Stored entries ::

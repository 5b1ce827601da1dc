-- ===== src/SessionState/Tests.antt =====
-- Runs of the registry, and concrete uses of the theorems about it.
use fix_mon.Prelude.{
  wrap64, ◌≢◌, ◌*◌, ◌<◌, ℕ, ℤ, pos, ◌-ℤ◌, ◌≡◌, ◌↔◌, ◌⊎◌, refl, ap, get_or, ◌<◌, List, [], ◌∷◌,
  Bytes, codes, eq_text, arith,
}
use fix_mon.Prelude.Dict
use fix_mon.Event.{Event, EventClass, Direction, default_event}
use fix_mon.SessionState.Snapshot.{LinkState, SessionSnapshot, fresh}
use fix_mon.SessionState.Apply.{
  apply_to, by_class, on_message, on_direction, on_incoming, on_msg_type, stamp,
}
use fix_mon.SessionState.Staleness.{evaluate_lem}
use fix_mon.SessionState.Registry.{Step, Reach, IsValid, Reach-IsValid, apply_comm}
use fix_mon.SessionState.Links.{IsLogon, apply_to_logged_on}
use fix_mon.SessionState.{
  SessionRegistry, new_registry, register_session, apply, evaluate, tolerance, last_heard,
}

-- an inbound message of the session A, of a type and with a number
abbrev inbound : Bytes → ℕ → ℤ → Event
inbound type seq ts = record default_event {
  event_class = EventClass.fix_message;
  direction = Direction.incoming;
  session_id = codes "A";
  msg_type = type;
  msg_seq_num = seq;
  engine_ts_ns = ts;
}

abbrev logon : Event
logon = inbound (codes "A") 1 (pos 1000)

abbrev logout : Event
logout = inbound (codes "5") 5 (pos 2000)

-- 2 and 5, where 2 is expected
abbrev with_gap : List Event
with_gap = inbound (codes "0") 2 (pos 2000) ∷ inbound (codes "0") 5 (pos 3000) ∷ []

abbrev up : SessionSnapshot
up = record (fresh (codes "A")) {
  state = LinkState.logged_on;
  last_event_ts_ns = pos 1000;
  last_incoming_ts_ns = pos 1000;
  next_expected_in = 2;
}

-- the registry after the configuration and one logon
abbrev registered : SessionRegistry
registered = register_session (codes "A") (pos 10) (new_registry (pos 2))

abbrev running : SessionRegistry
running = (apply logon registered).0

running-Reach : Reach (pos 2) running
running-Reach =
    Reach.next (Reach.next Reach.made (Step.registers (codes "A") (pos 10) (new_registry (pos 2))))
      (Step.applies logon registered)

running-IsValid : IsValid running
running-IsValid = Reach-IsValid running-Reach

gap_found_once : (apply_to (inbound (codes "0") 5 (pos 2000)) up).1 ≡ 3
unfolding apply_to by_class on_message on_direction on_incoming on_msg_type stamp eq_text
gap_found_once = refl

heard_again : (evaluate 2 (pos 100_000_000_000) up).state ≡ LinkState.stale
unfolding evaluate last_heard tolerance wrap64 ◌-ℤ◌
heard_again = refl

Reach-IsValid_example : IsValid running
Reach-IsValid_example = Reach-IsValid running-Reach

abbrev other : Event
other = record logon { session_id = codes "B" }

apply_comm_example :
    ((k : Bytes)
      → Dict.lookup k (apply other (apply logout running).0).0.sessions
        ≡ Dict.lookup k (apply logout (apply other running).0).0.sessions)
    × ((apply other (apply logout running).0).1 ≡ (apply other running).1)
    × ((apply logout (apply other running).0).1 ≡ (apply logout running).1)
apply_comm_example =
    apply_comm logout other running running-IsValid (λ e. omega (arith, ap (λ xs. get_or xs 0 0) e))

apply_to_logged_on_example : (LinkState.unknown ≡ LinkState.logged_on) ⊎ IsLogon logon
unfolding apply_to by_class on_message on_direction on_incoming on_msg_type stamp eq_text
apply_to_logged_on_example = apply_to_logged_on logon (fresh (codes "A")) refl

evaluate_lem_example :
    (((evaluate 2 (pos 100_000_000_000) up).state ≡ LinkState.stale) ↔ (
      ((up.state ≡ LinkState.logged_on) ⊎ (up.state ≡ LinkState.stale))
      × (up.heartbeat_interval * 2 * 1_000_000_000 < 99_999_999_000)))
    × (((evaluate 2 (pos 100_000_000_000) up).state ≡ LinkState.stale)
        ⊎ ((((up.state ≡ LinkState.logged_on) ⊎ (up.state ≡ LinkState.stale))
              × ((evaluate 2 (pos 100_000_000_000) up).state ≡ LinkState.logged_on))
            ⊎ ((up.state ≢ LinkState.logged_on)
                × (up.state ≢ LinkState.stale)
                × ((evaluate 2 (pos 100_000_000_000) up).state ≡ up.state))))
unfolding last_heard ◌-ℤ◌
evaluate_lem_example =
    evaluate_lem 2 99_999_999_000 (pos 100_000_000_000) up refl refl (omega arith) (omega arith)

Brief :: The full set of entries has to be duplicated precisely.

Task result ::
repository 5b1ce827601da1dc
-- ===== src/SessionState/Tests.antt =====
-- Runs of the registry, and concrete uses of the theorems about it.
use fix_mon.Prelude.{
  wrap64, ◌≢◌, ◌*◌, ◌<◌, ℕ, ℤ, pos, ◌-ℤ◌, ◌≡◌, ◌↔◌, ◌⊎◌, refl, ap, get_or, ◌<◌, List, [], ◌∷◌,
  Bytes, codes, eq_text, arith,
}
use fix_mon.Prelude.Dict
use fix_mon.Event.{Event, EventClass, Direction, default_event}
use fix_mon.SessionState.Snapshot.{LinkState, SessionSnapshot, fresh}
use fix_mon.SessionState.Apply.{
  apply_to, by_class, on_message, on_direction, on_incoming, on_msg_type, stamp,
}
use fix_mon.SessionState.Staleness.{evaluate_lem}
use fix_mon.SessionState.Registry.{Step, Reach, IsValid, Reach-IsValid, apply_comm}
use fix_mon.SessionState.Links.{IsLogon, apply_to_logged_on}
use fix_mon.SessionState.{
  SessionRegistry, new_registry, register_session, apply, evaluate, tolerance, last_heard,
}

-- an inbound message of the session A, of a type and with a number
abbrev inbound : Bytes → ℕ → ℤ → Event
inbound type seq ts = record default_event {
  event_class = EventClass.fix_message;
  direction = Direction.incoming;
  session_id = codes "A";
  msg_type = type;
  msg_seq_num = seq;
  engine_ts_ns = ts;
}

abbrev logon : Event
logon = inbound (codes "A") 1 (pos 1000)

abbrev logout : Event
logout = inbound (codes "5") 5 (pos 2000)

-- 2 and 5, where 2 is expected
abbrev with_gap : List Event
with_gap = inbound (codes "0") 2 (pos 2000) ∷ inbound (codes "0") 5 (pos 3000) ∷ []

abbrev up : SessionSnapshot
up = record (fresh (codes "A")) {
  state = LinkState.logged_on;
  last_event_ts_ns = pos 1000;
  last_incoming_ts_ns = pos 1000;
  next_expected_in = 2;
}

-- the registry after the configuration and one logon
abbrev registered : SessionRegistry
registered = register_session (codes "A") (pos 10) (new_registry (pos 2))

abbrev running : SessionRegistry
running = (apply logon registered).0

running-Reach : Reach (pos 2) running
running-Reach =
    Reach.next (Reach.next Reach.made (Step.registers (codes "A") (pos 10) (new_registry (pos 2))))
      (Step.applies logon registered)

running-IsValid : IsValid running
running-IsValid = Reach-IsValid running-Reach

gap_found_once : (apply_to (inbound (codes "0") 5 (pos 2000)) up).1 ≡ 3
unfolding apply_to by_class on_message on_direction on_incoming on_msg_type stamp eq_text
gap_found_once = refl

heard_again : (evaluate 2 (pos 100_000_000_000) up).state ≡ LinkState.stale
unfolding evaluate last_heard tolerance wrap64 ◌-ℤ◌
heard_again = refl

Reach-IsValid_example : IsValid running
Reach-IsValid_example = Reach-IsValid running-Reach

abbrev other : Event
other = record logon { session_id = codes "B" }

apply_comm_example :
    ((k : Bytes)
      → Dict.lookup k (apply other (apply logout running).0).0.sessions
        ≡ Dict.lookup k (apply logout (apply other running).0).0.sessions)
    × ((apply other (apply logout running).0).1 ≡ (apply other running).1)
    × ((apply logout (apply other running).0).1 ≡ (apply logout running).1)
apply_comm_example =
    apply_comm logout other running running-IsValid (λ e. omega (arith, ap (λ xs. get_or xs 0 0) e))

apply_to_logged_on_example : (LinkState.unknown ≡ LinkState.logged_on) ⊎ IsLogon logon
unfolding apply_to by_class on_message on_direction on_incoming on_msg_type stamp eq_text
apply_to_logged_on_example = apply_to_logged_on logon (fresh (codes "A")) refl

evaluate_lem_example :
    (((evaluate 2 (pos 100_000_000_000) up).state ≡ LinkState.stale) ↔ (
      ((up.state ≡ LinkState.logged_on) ⊎ (up.state ≡ LinkState.stale))
      × (up.heartbeat_interval * 2 * 1_000_000_000 < 99_999_999_000)))
    × (((evaluate 2 (pos 100_000_000_000) up).state ≡ LinkState.stale)
        ⊎ ((((up.state ≡ LinkState.logged_on) ⊎ (up.state ≡ LinkState.stale))
              × ((evaluate 2 (pos 100_000_000_000) up).state ≡ LinkState.logged_on))
            ⊎ ((up.state ≢ LinkState.logged_on)
                × (up.state ≢ LinkState.stale)
                × ((evaluate 2 (pos 100_000_000_000) up).state ≡ up.state))))
unfolding last_heard ◌-ℤ◌
evaluate_lem_example =
    evaluate_lem 2 99_999_999_000 (pos 100_000_000_000) up refl refl (omega arith) (omega arith)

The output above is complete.